Project Page | Paper | Video
This repository contains the official implementation of the paper Neural Feature Fusion Fields: 3D Distillation of Self-Supervised 2D Image Representations by Vadim Tschernezki, Iro Laina, Diane Larlus and Andrea Vedaldi. Published at 3DV22 as Oral.
We provide the code for the experiments of NeRF-N3F setting. NOTE: The repository contains currently the settings for the flower dataset (see flower video above). We will add the rendering settings for the other scenes in the next days.
Abstract: We present Neural Feature Fusion Fields (N3F), a method that improves dense 2D image feature extractors when the latter are applied to the analysis of multiple images reconstructible as a 3D scene. Given an image feature extractor, for example pre-trained using self-supervision, N3F uses it as a teacher to learn a student network defined in 3D space. The 3D student network is similar to a neural radiance field that distills said features and can be trained with the usual differentiable rendering machinery. As a consequence, N3F is readily applicable to most neural rendering formulations, including vanilla NeRF and its extensions to complex dynamic scenes. We show that our method not only enables semantic understanding in the context of scene-specific neural fields without the use of manual labels, but also consistently improves over the self-supervised 2D baselines. This is demonstrated by considering various tasks, such as 2D object retrieval, 3D segmentation, and scene editing, in diverse sequences, including long egocentric videos in the EPIC-KITCHENS benchmark.
We suggest to setup the environment through conda and pip.
- Create and activate the specified conda anvironment.

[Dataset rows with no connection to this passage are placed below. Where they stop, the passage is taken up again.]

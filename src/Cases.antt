-- ===== src/Cases.antt =====
-- src/threat_agent/case_management/application
pub mod BoundaryPolicy
pub mod DataReadiness
pub mod Redaction
pub mod RuntimeStore
pub mod EventKinds
pub mod Events
pub mod RunService
pub mod ApprovalService
pub mod Governance
mod Examples
mod RunExamples
mod ApprovalExamples
mod ReadinessExamples
mod GovernanceExamples
mod PendingExamples
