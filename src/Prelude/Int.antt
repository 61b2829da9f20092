-- ===== src/Prelude/Int.antt =====
-- Python's integers, as far as positions in a list need them.
use Prim.Native.Nat.{ℕ, ◌-◌}
use mathlib.Core.Bool.{Bool}
use mathlib.Core.Option.{Option, none, some}
use unknown_file_threat_agen.Prelude.Tests.{ltb, eqb, if◌then◌else◌}

-- `negsuc n` is -(n + 1)
pub data ℤ : Type 0 where
  pos : ℕ → ℤ
  negsuc : ℕ → ℤ

abbrev pub eqb_ℤ : ℤ → ℤ → Bool
eqb_ℤ (pos m) (pos n) = eqb m n
eqb_ℤ (negsuc m) (negsuc n) = eqb m n
eqb_ℤ _ _ = Bool.false

-- the position that an index stands for in a list of a length, if `-len <= i < len`
abbrev pub position : ℕ → ℤ → Option ℕ
position len (pos n) = if ltb n len then some n else none
position len (negsuc n) = if ltb n len then some (len - n - 1) else none
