-- ===== src/Prelude/Names.antt =====
-- Sets of identifiers: a Python set of texts is a list that is only asked for membership, and
-- `sorted(set(xs))` is an ordered insertion without duplicates.
use Prim.Native.Nat.{Ordering}
use Prim.Native.String.{String, compare}
use mathlib.Core.Path.{◌≡◌, refl, ◌∙◌}
use mathlib.Core.Logic.{◌↔◌}
use mathlib.Core.Bool.{Bool, true, false, not, ◌&&◌, ◌||◌}
use mathlib.Core.List.{List, [], ◌∷◌, ◌++◌}
use native.Mathlib.Omega.{arith}
use text.Mathlib.Text.{◌==◌}
use text.Mathlib.TextEquality.{eq_iff}
use unknown_file_threat_agen.Prelude.Tests.{if◌then◌else◌}
use unknown_file_threat_agen.Prelude.Lists.{any, all, is_nil, filter_by}

pub str_refl : (a : String) → (a == a) ≡ true
str_refl a = (eq_iff a a).1 refl

-- `a in xs`
unfoldable pub mem : String → List String → Bool
mem a xs = any (λ x. a == x) xs

-- `[x for x in xs if x not in ys]`, and the set difference
unfoldable pub diff : List String → List String → List String
unfolding mem
diff xs ys = filter_by (λ x. not (mem x ys)) xs

unfoldable pub disjoint : List String → List String → Bool
unfolding mem
disjoint xs ys = not (any (λ x. mem x ys) xs)

-- code point order
before : String → String → Bool
before a b = elim (compare a b) [ Ordering.lt ↦ true | _ ↦ false ]

insert_sorted : String → List String → List String
insert_sorted a [] = a ∷ []
insert_sorted a (x ∷ xs) =
    let rest = insert_sorted a xs in
    if a == x then x ∷ xs else if before a x then a ∷ x ∷ xs else x ∷ rest

-- `sorted(set(xs))`
unfoldable pub sorted_set : List String → List String
unfolding insert_sorted before
sorted_set [] = []
sorted_set (x ∷ xs) = insert_sorted x (sorted_set xs)

-- `list(dict.fromkeys(xs))`: the first occurrence of each, in order
unfoldable pub dedup : List String → List String
unfolding diff
dedup [] = []
dedup (x ∷ xs) = x ∷ diff (dedup xs) (x ∷ [])

pub mem-append : (a : String) (xs ys : List String) → mem a (xs ++ ys) ≡ (mem a xs || mem a ys)
unfolding mem
mem-append a [] ys = refl
mem-append a (x ∷ xs) ys = ground (arith, mem-append a xs ys)

pub mem-diff :
    (a : String) (xs ys : List String) → mem a (diff xs ys) ≡ (mem a xs && not (mem a ys))
unfolding mem diff
mem-diff a [] ys = refl
mem-diff a (x ∷ xs) ys = ground (arith, mem-diff a xs ys, eq_iff a x)

mem-insert_sorted :
    (a b : String) (xs : List String) → mem a (insert_sorted b xs) ≡ ((a == b) || mem a xs)
unfolding mem insert_sorted
mem-insert_sorted a b [] = refl
mem-insert_sorted a b (x ∷ xs) =
    ground (arith, mem-insert_sorted a b xs, eq_iff b x, eq_iff a b, eq_iff a x)

pub mem-sorted_set : (a : String) (xs : List String) → mem a (sorted_set xs) ≡ mem a xs
unfolding mem sorted_set
mem-sorted_set a [] = refl
mem-sorted_set a (x ∷ xs) =
    ground (arith, mem-insert_sorted a x (sorted_set xs), mem-sorted_set a xs)

pub mem-dedup : (a : String) (xs : List String) → mem a (dedup xs) ≡ mem a xs
unfolding mem dedup
mem-dedup a [] = refl
mem-dedup a (x ∷ xs) = ground (arith, mem-diff a (dedup xs) (x ∷ []), mem-dedup a xs)

insert_sorted-ne-nil : (a : String) (xs : List String) → is_nil (insert_sorted a xs) ≡ false
unfolding insert_sorted
insert_sorted-ne-nil a [] = refl
insert_sorted-ne-nil a (x ∷ xs) = ground arith

pub sorted_set-eq-nil : (xs : List String) → is_nil (sorted_set xs) ≡ is_nil xs
unfolding sorted_set
sorted_set-eq-nil [] = refl
sorted_set-eq-nil (x ∷ xs) = insert_sorted-ne-nil x (sorted_set xs)

-- a difference is empty exactly when everything is covered
pub diff-eq-nil : (xs ys : List String) → is_nil (diff xs ys) ≡ all (λ x. mem x ys) xs
unfolding diff
diff-eq-nil [] ys = refl
diff-eq-nil (x ∷ xs) ys = ground (arith, diff-eq-nil xs ys)

pub all-mem :
    (p : String → Bool) (a : String) (xs : List String)
    → all p xs ≡ true
    → mem a xs ≡ true
    → p a ≡ true
unfolding mem
all-mem p a [] h m = ground arith
all-mem p a (x ∷ xs) h m = ground (arith, all-mem p a xs, eq_iff a x)

-- what is in `xs` and the difference is empty is in `ys`
pub all-mem-of_diff :
    (a : String) (xs ys : List String)
    → is_nil (sorted_set (diff xs ys)) ≡ true
    → mem a xs ≡ true
    → mem a ys ≡ true
all-mem-of_diff a xs ys h m =
    all-mem (λ x. mem x ys) a xs (ground (arith, diff-eq-nil xs ys, sorted_set-eq-nil (diff xs ys)))
      m

all-of_mem :
    (p : String → Bool) (xs : List String)
    → ((a : String) → mem a xs ≡ true → p a ≡ true)
    → all p xs ≡ true
unfolding mem
all-of_mem p [] h = refl
all-of_mem p (x ∷ xs) h =
    ground (arith, h x, str_refl x, all-of_mem p xs (λ a m. h a (ground (arith, m))))

-- `sorted(set(xs) - set(ys))` is empty exactly when every member of `xs` is one of `ys`
pub covered_iff :
    (xs ys : List String)
    → (is_nil (sorted_set (diff xs ys)) ≡ true) ↔ ((a : String) → mem a xs ≡ true → mem a ys ≡ true)
covered_iff xs ys = (
  λ h a m. all-mem-of_diff a xs ys h m,
  λ h.
      ground
        (arith, all-of_mem (λ x. mem x ys) xs h, diff-eq-nil xs ys, sorted_set-eq-nil (diff xs ys)),
)

-- the members of that set
pub mem-uncovered :
    (a : String) (xs ys : List String)
    → mem a (sorted_set (diff xs ys)) ≡ (mem a xs && not (mem a ys))
mem-uncovered a xs ys = mem-sorted_set a (diff xs ys) ∙ mem-diff a xs ys
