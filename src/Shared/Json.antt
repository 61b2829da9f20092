-- ===== src/Shared/Json.antt =====
-- JSON values as Python holds them after `json.loads`. A key of an object is a step of a path: a
-- text, or an integer, which Python also admits as a key. Numbers are integers.
use unknown_file_threat_agen.Prelude.Int.{ℤ, pos, eqb_ℤ}
use unknown_file_threat_agen.Prelude.{
  ℕ, zero, suc, String, Bool, true, false, not, ◌&&◌, Option, none, some, ◌==◌, eqb, if◌then◌else◌,
}

pub data Step : Type 0 where
  key : String → Step
  index : ℤ → Step

mutual
  pub data Json : Type 0 where
    null : Json
    bool : Bool → Json
    num : ℤ → Json
    str : String → Json
    arr : Items → Json
    obj : Fields → Json

  pub data Items : Type 0 where
    nil : Items
    cons : Json → Items → Items

  pub data Fields : Type 0 where
    end : Fields
    field : Step → Json → Fields → Fields

-- Python's `==` on keys
abbrev pub same_key : Step → Step → Bool
same_key (key a) (key b) = a == b
same_key (index a) (index b) = eqb_ℤ a b
same_key _ _ = false

unfoldable pub size_items : Items → ℕ
size_items nil = 0
size_items (cons x xs) = suc (size_items xs)

unfoldable pub size_fields : Fields → ℕ
size_fields end = 0
size_fields (field k v fs) = suc (size_fields fs)

-- `d.get(k)` on an object
unfoldable pub find : Step → Fields → Option Json
find k end = none
find k (field j v fs) = if same_key k j then some v else find k fs

abbrev bool_num : Bool → ℤ
bool_num true = pos 1
bool_num false = pos 0

abbrev bool_eq : Bool → Bool → Bool
bool_eq true b = b
bool_eq false b = not b

-- Python's `==`: a Boolean equals the number 0 or 1, and objects are compared without their order.
unfoldable mutual
  pub json_eq : Json → Json → Bool
  json_eq null null = true
  json_eq (bool a) (bool b) = bool_eq a b
  json_eq (bool a) (num n) = eqb_ℤ (bool_num a) n
  json_eq (num m) (bool b) = eqb_ℤ m (bool_num b)
  json_eq (num m) (num n) = eqb_ℤ m n
  json_eq (str a) (str b) = a == b
  json_eq (arr xs) (arr ys) = items_eq xs ys
  json_eq (obj fs) (obj gs) = eqb (size_fields fs) (size_fields gs) && fields_within fs gs
  json_eq _ _ = false

  pub items_eq : Items → Items → Bool
  items_eq nil nil = true
  items_eq (cons x xs) (cons y ys) = json_eq x y && items_eq xs ys
  items_eq _ _ = false

  pub fields_within : Fields → Fields → Bool
  fields_within end gs = true
  fields_within (field k v fs) gs =
      elim (find k gs) [ none ↦ false | some w ↦ json_eq v w ] && fields_within fs gs

-- `xs[n]`, the write of it, the insertion before it and the removal of it, at a position in range
unfoldable pub nth : Items → ℕ → Option Json
nth nil n = none
nth (cons x xs) zero = some x
nth (cons x xs) (suc n) = nth xs n

unfoldable pub set_nth : Items → ℕ → Json → Items
set_nth nil n v = nil
set_nth (cons x xs) zero v = cons v xs
set_nth (cons x xs) (suc n) v = cons x (set_nth xs n v)

unfoldable pub insert_nth : Items → ℕ → Json → Items
insert_nth xs zero v = cons v xs
insert_nth nil (suc n) v = cons v nil
insert_nth (cons x xs) (suc n) v = cons x (insert_nth xs n v)

unfoldable pub remove_nth : Items → ℕ → Items
remove_nth nil n = nil
remove_nth (cons x xs) zero = xs
remove_nth (cons x xs) (suc n) = cons x (remove_nth xs n)

-- `d[k] = v` and `del d[k]`
unfoldable pub set_field : Step → Json → Fields → Fields
set_field k v end = field k v end
set_field k v (field j w fs) =
    let rest = set_field k v fs in if same_key k j then field j v fs else field j w rest

unfoldable pub remove_field : Step → Fields → Fields
remove_field k end = end
remove_field k (field j w fs) =
    let rest = remove_field k fs in if same_key k j then fs else field j w rest

-- whether Python takes a value for true
unfoldable pub is_truthy : Json → Bool
is_truthy null = false
is_truthy (bool b) = b
is_truthy (num n) = not (eqb_ℤ n (pos 0))
is_truthy (str s) = not (s == "")
is_truthy (arr nil) = false
is_truthy (arr (cons x xs)) = true
is_truthy (obj end) = false
is_truthy (obj (field k v fs)) = true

- Install the required packages from
requirements.txt
.
conda create -n n3f python=3.8
conda activate n3f
pip install -r requirements.txt
Since we demonstrate the experiments through a jupyter notebook, you'll have to install the jupyter kernel:
conda install -c anaconda ipykernel
python -m ipykernel install --user --name=n3f
If you are getting the following error: CUDA error: no kernel image is available for execution on the device
, then try installing pytorch with a different CUDA kernel, e.g.: pip install torch==1.10.2+cu113 -f https://download.pytorch.org/whl/cu113/torch_stable.html
.
The dataset and pretrained models can be found on google drive.
Download both files logs.tar.gz
and data.tar.gz
and extract them into the main directory. The checkpoints are located in the logs directory. The data directory contains the flower scene and the features extracted with DINO for this scene and the remaining scenes shown in the paper. This allows you to train your own models if you have downloaded the NeRF checkpoints and datasets for the remaining scenes.
We are providing a notebook that contains the code to reproduce the results for the flower scene. The other scenes will be added in the next days.
First, you can visualise the selected patch and calculate a histogram for the query feature vector vs. the retrieval vectors. This allows you to select a threshold for the scene decomposition in the next step.
After that, you can render the source view and render the decomposed target view that shows the complete image, a version that includes only the queried object and another version that excludes the queried object.
Finally, we can also compare the PCA reduced futures and feature distance maps of NeRF-N3F + DINO vs. vanilla DINO:
If you found our code or paper useful, then please cite our work as follows.
@inproceedings{tschernezki22neural,
author = {Vadim Tschernezki and Iro Laina and
Diane Larlus and Andrea Vedaldi},
booktitle = {Proceedings of the International Conference
on {3D} Vision (3DV)},
title = {Neural Feature Fusion Fields: {3D} Distillation
of Self-Supervised {2D} Image Representations},
year = {2022}
}
We suggest to check out the concurrent work by Kobayashi et al. They propose to fuse features in the same manner and mainly differ in the example applications, including the use of multiple modalities, such as text, image patches and point-and-click seeds, to generate queries for segmentation and, in particular, scene editing.
Our implementation is based on this (unofficial pytorch-NeRF) repository.